In [15], although a sensitivity of 2% more than our method is reported, but its specificity is less than the proposed method by extent of 10%. Of course, here, the explanations that we provided earlier about the importance of specificity over sensitivity in medical applications are true. Apart from this one case in other cases of Table 7, both the sensitivity and specificity of proposed method show superiority over its alternatives.

6 Conclusion

This paper presents a new method for improving breast cancer diagnosis by using deep neural networks. The proposed scheme attempts to detect cancerous breasts by transfer learning-based models which are fitted by fusion of multiple views of thermographic images. The well known DMR database was utilized to train and test the fitted models. To evaluate the performance of the proposed algorithm, its results and those belong to the its several alternatives were compared in two scenarios in terms of sensitivity, specificity, accuracy and precision.

In the first scenario, the comparisons are performed in deep learning paradigm in such way that the proposed scheme is compared with some techniques that may be considered in its family. In contrast the second scenario compares the performance of the proposed scheme with methods which are based on handcrafted features and may be said that are not a member of its family.

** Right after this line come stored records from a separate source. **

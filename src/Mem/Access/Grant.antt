-- ===== src/Mem/Access/Grant.antt =====
-- `vm_mem_alloc` as a whole: it ends in one of two ways, and in the first when the host is willing.
use masters_proj.Prelude.{
  ℕ, ◌+◌, ◌*◌, ◌%◌, ◌/◌, ◌^◌, ◌≤◌, ◌<◌, ◌≡◌, ◌≢◌, refl, ◌⊎◌, inl, inr, List, arith, sym, ◌∙◌, subst,
  ap, some, none, ne→==-false,
}
use native.Mathlib.Decide.{ℕ_discrete}
use masters_proj.Mem.State.{
  Region, HostCall, Mem, Host, Status, success, failure, call_valloc, frees, logged,
}
use masters_proj.Mem.Gpa.{
  locate, gpa_to_hva, size_of, map_gpa, vm_mem_alloc, alloc_at, use_block, Block,
  find_free_mem_region, keep_block,
}
use masters_proj.Mem.Gpa.Layout.{Layout, IsValid}
use masters_proj.Mem.Gpa.Free.{IsFree, find_free_mem_region-lowest}
use masters_proj.Mem.Gpa.Map.{
  map_gpa_iff, map_gpa-effect, Extends, SameMemory, Withdrawn, new_region,
}
use masters_proj.Mem.Access.View.{view, Mapped}
use masters_proj.Mem.Access.Alloc.{
  Below, Below-IsFree, Honest, Willing, NewBlock, Unchanged, Allocation, granted, denied, got_old,
  res-NewBlock, view-bytes,
}

Status-cases : (s : Status) → (s ≡ success) ⊎ (s ≡ failure)
Status-cases success = inl refl
Status-cases failure = inr refl

view-null : (m : Mem) (a : ℕ) → gpa_to_hva m a ≡ 0 → view m a ≡ none
unfolding view
view-null m a e = rw e refl

pub same-hva : (m m' : Mem) (a : ℕ) → m'.regions ≡ m.regions → gpa_to_hva m' a ≡ gpa_to_hva m a
unfolding gpa_to_hva
same-hva m m' a r = ap (locate a) r

-- Memory looks the same to the guest where the regions are the same and their bytes too.
pub same-view :
    (m m' : Mem)
    → m'.regions ≡ m.regions
    → ((a : ℕ) → Mapped m a → m'.bytes (gpa_to_hva m a) ≡ m.bytes (gpa_to_hva m a))
    → (a : ℕ) → view m' a ≡ view m a
same-view m m' r same a = elim (ℕ_discrete (gpa_to_hva m a) 0) [
  | yes null ↦ view-null m' a (same-hva m m' a r ∙ null) ∙ sym (view-null m a null)
  | no h ↦ view-bytes m m' a (same-hva m m' a r) (same a h)
]

Unchanged-logged : {m m' : Mem} (c : HostCall) → Unchanged m m' → Unchanged m (logged c m')
unfolding view gpa_to_hva
Unchanged-logged c u = record {
  regions = u.regions;
  pml4 = u.pml4;
  pml4_gpa = u.pml4_gpa;
  views = u.views;
}

keep_block-failed :
    {npages : ℕ} {m : Mem} (b : Block) (r : Status × Mem)
    → r.0 ≡ failure
    → Unchanged m r.1
    → Allocation npages m (keep_block b r)
keep_block-failed b (success, m') e u = cc
keep_block-failed b (failure, m') e u = denied (Unchanged-logged (frees b.hva) u)

keep_block-success : (b : Block) (r : Status × Mem) → r.0 ≡ success → keep_block b r ≡ (some b, r.1)
keep_block-success b (success, m) e = refl
keep_block-success b (failure, m) e = cc

keep_block-done :
    {npages : ℕ} {m : Mem} (b : Block) (r : Status × Mem)
    → r.0 ≡ success
    → NewBlock npages m b r.1
    → Allocation npages m (keep_block b r)
keep_block-done b (success, m') e n = granted n
keep_block-done b (failure, m') e n = cc

module _ (host : Host) (npages gpa hva : ℕ) (m : Mem) where
  use_block-null : hva ≡ 0 → use_block host npages gpa hva m ≡ (none, logged (frees 0) m)
  unfolding use_block
  use_block-null e = rw e refl

  use_block-found :
      hva ≢ 0
      → use_block host npages gpa hva m
        ≡ keep_block (record { hva = hva; gpa = gpa }) (map_gpa host gpa npages hva m)
  unfolding use_block
  use_block-found h = rw (ne→==-false hva 0 h) refl

valloc_null :
    (host : Host) (size : ℕ) (m : Mem)
    → (call_valloc host size m).0 ≡ 0
    → (call_valloc host size m).1.bytes ≡ m.bytes
valloc_null host size m e = ground (arith)

-- A free block is found no later than the end of the last region.
pub find_free_mem_region-le :
    (npages top g : ℕ) (rs : List Region)
    → npages * 4096 < 2 ^ 64
    → Layout 0 rs
    → Below top rs
    → find_free_mem_region npages rs ≡ some g
    → g ≤ top
find_free_mem_region-le npages top g rs size l b h =
    elim (find_free_mem_region-lowest npages rs size l) [
      | inl (_, e) ↦ cc
      | inr (g', _, e, _, _, low) ↦
          let same : some g ≡ some g' = sym h ∙ e in
          let bound = low top (Below-IsFree top npages rs b) in ground arith
    ]

-- A free block at the end of the address space could wrap around: it is excluded by a bound on
-- the regions' ends.
module _ (host : Host) (honest : Honest host) (m : Mem) (v : IsValid m.regions) (npages : ℕ)
    (size : npages * 4096 < 2 ^ 64) where
  module _ (g : ℕ) (pages : 0 < npages) (al : g % 4096 ≡ 0) (free : IsFree g npages m.regions)
      (bound : g + npages * 4096 < 2 ^ 64) (low : (h : ℕ) → IsFree h npages m.regions → g ≤ h) where
    abbrev block : ℕ × Mem
    block = call_valloc host (npages * 4096) m

    abbrev mapping : Status × Mem
    mapping = map_gpa host g npages block.0 block.1

    effect :
        (mapping.0 ≡ success → Extends (new_region g npages block.0) block.1 mapping.1)
        × (mapping.0 ≡ failure
            → SameMemory block.1 mapping.1
              × Withdrawn host (new_region g npages block.0) block.1 mapping.1.log)
    effect = map_gpa-effect host g npages block.0 block.1 v.layout (omega arith) (omega arith)

    mapping-Unchanged : block.0 ≢ 0 → mapping.0 ≡ failure → Unchanged m mapping.1
    mapping-Unchanged found e =
        let (regions, bytes, pml4, pml4_gpa) = (effect.1 e).0 in
        record {
          regions = regions;
          pml4 = pml4;
          pml4_gpa = pml4_gpa;
          views = same-view m mapping.1 regions λ a h.
              ap (λ f. f (gpa_to_hva m a)) bytes
              ∙ got_old host honest m v npages g pages size al free bound low a found h;
        }

    block-Allocation : Allocation npages m (use_block host npages g block.0 block.1)
    block-Allocation = elim (ℕ_discrete block.0 0) [
      | yes null ↦ rw (use_block-null host npages g block.0 block.1 null) (
          denied (
            Unchanged-logged (frees 0) (record {
              regions = refl;
              pml4 = refl;
              pml4_gpa = refl;
              views =
                  same-view m block.1 refl
                    λ a h. ap (λ f. f (gpa_to_hva m a)) (valloc_null host (npages * 4096) m null);
            })))
      | no found ↦
          rw (use_block-found host npages g block.0 block.1 found) (elim (Status-cases mapping.0) [
            | inl e ↦
                keep_block-done _ mapping e
                  (res-NewBlock host honest m v npages g pages size al free bound low found e)
            | inr e ↦ keep_block-failed _ mapping e (mapping-Unchanged found e)
          ])
    ]

    alloc_at-Allocation : Allocation npages m (alloc_at host npages g m)
    unfolding alloc_at
    alloc_at-Allocation =
        let wraps : size_of npages ≡ npages * 4096 = omega arith in rw wraps block-Allocation

    mapping-success : Willing host → mapping.0 ≡ success
    mapping-success w =
        let base : g ≡ g / 4096 * 4096 = omega arith in
        (map_gpa_iff host g npages block.0 block.1 v.layout (omega arith) (omega arith)).1 (
          pages,
          subst (λ b. IsFree b npages m.regions) base free,
          w.maps_all _ _ _ _,
          w.has_room _,
        )

    alloc_at-some :
        Willing host
        → alloc_at host npages g m ≡ (some (record { hva = block.0; gpa = g }), mapping.1)
    unfolding alloc_at
    alloc_at-some w =
        let wraps : size_of npages ≡ npages * 4096 = omega arith in
        rw wraps (
          use_block-found host npages g block.0 block.1 (w.has_memory m _)
          ∙ keep_block-success _ mapping (mapping-success w))

  -- In a state with well-formed regions, and with a host whose blocks are zeroed and share no
  -- memory, `vm_mem_alloc` either returns NULL and leaves guest memory as it was, or returns a
  -- block of zeros at page-aligned guest addresses that were not mapped before, and keeps every
  -- old byte. The free addresses found must end below 2 ^ 64.
  pub vm_mem_alloc-Allocation :
      ((g : ℕ) → find_free_mem_region npages m.regions ≡ some g → g + npages * 4096 < 2 ^ 64)
      → Allocation npages m (vm_mem_alloc host npages m)
  unfolding vm_mem_alloc
  vm_mem_alloc-Allocation fits = elim (find_free_mem_region-lowest npages m.regions size v.layout) [
    | inl (z, e) ↦
        rw (vm_mem_alloc, e)
          (denied (
            Unchanged-logged (frees 0)
              (record { regions = refl; pml4 = refl; pml4_gpa = refl; views = λ a. refl })))
    | inr (g, pages, e, al, free, low) ↦
        rw (vm_mem_alloc, e) (alloc_at-Allocation g pages al free (fits g e) low)
  ]

  -- In a state with well-formed regions, and with a host that grants every request, with zeroed
  -- blocks that share no memory, `vm_mem_alloc` of at least one page returns a block of zeros at
  -- page-aligned guest addresses that were not mapped before, and keeps every old byte. The free
  -- addresses found must end below 2 ^ 64.
  pub vm_mem_alloc-NewBlock :
      ((g : ℕ) → find_free_mem_region npages m.regions ≡ some g → g + npages * 4096 < 2 ^ 64)
      → 0 < npages
      → Willing host
      → (b : Block) × (m' : Mem) × (vm_mem_alloc host npages m ≡ (some b, m'))
        × NewBlock npages m b m'
  unfolding vm_mem_alloc
  vm_mem_alloc-NewBlock fits pages w =
      elim (find_free_mem_region-lowest npages m.regions size v.layout) [
        | inl (z, e) ↦ absurd (omega arith)
        | inr (g, _, e, al, free, low) ↦ (
          record { hva = (block g pages al free (fits g e) low).0; gpa = g },
          (mapping g pages al free (fits g e) low).1,
          rw (vm_mem_alloc, e) (alloc_at-some g pages al free (fits g e) low w),
          res-NewBlock host honest m v npages g pages size al free (fits g e) low (w.has_memory m _)
              (mapping-success g pages al free (fits g e) low w),
        )
      ]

In the scenario of comparing with the methods of deep learning field, it may be observed that the proposed scheme capable of distinguish healthy and cancerous tissue with better performance parameters than its alternatives. For instance, although the superiority of the sensitivity parameter of the proposed method over some of these alternatives reaches to 15%, even compared to the closest alternative, we see at least 2% superiority for both sensitivity and specificity.

In the second scenario, the superiority of the proposed method over alternatives which are based on handcrafted features is more significant, so that in all cases except for an alternative, both sensitivity and specificity of the proposed method is better than the existing methods. In the only exception, where the sensitivity of the proposed method is 2 percent less than one of the alternatives in this family, in contrast, its specificity is 10 percent higher, which practically makes the proposed method more reliable in diagnosing cancerous tissue.

Based on the better sensitivity and specificity of the proposed method compared to both family and non-family methods, it may be concluded that the proposed scheme can be developed and improved in future researches as a choice with acceptable practical potential in interpreting the breast thermographic images.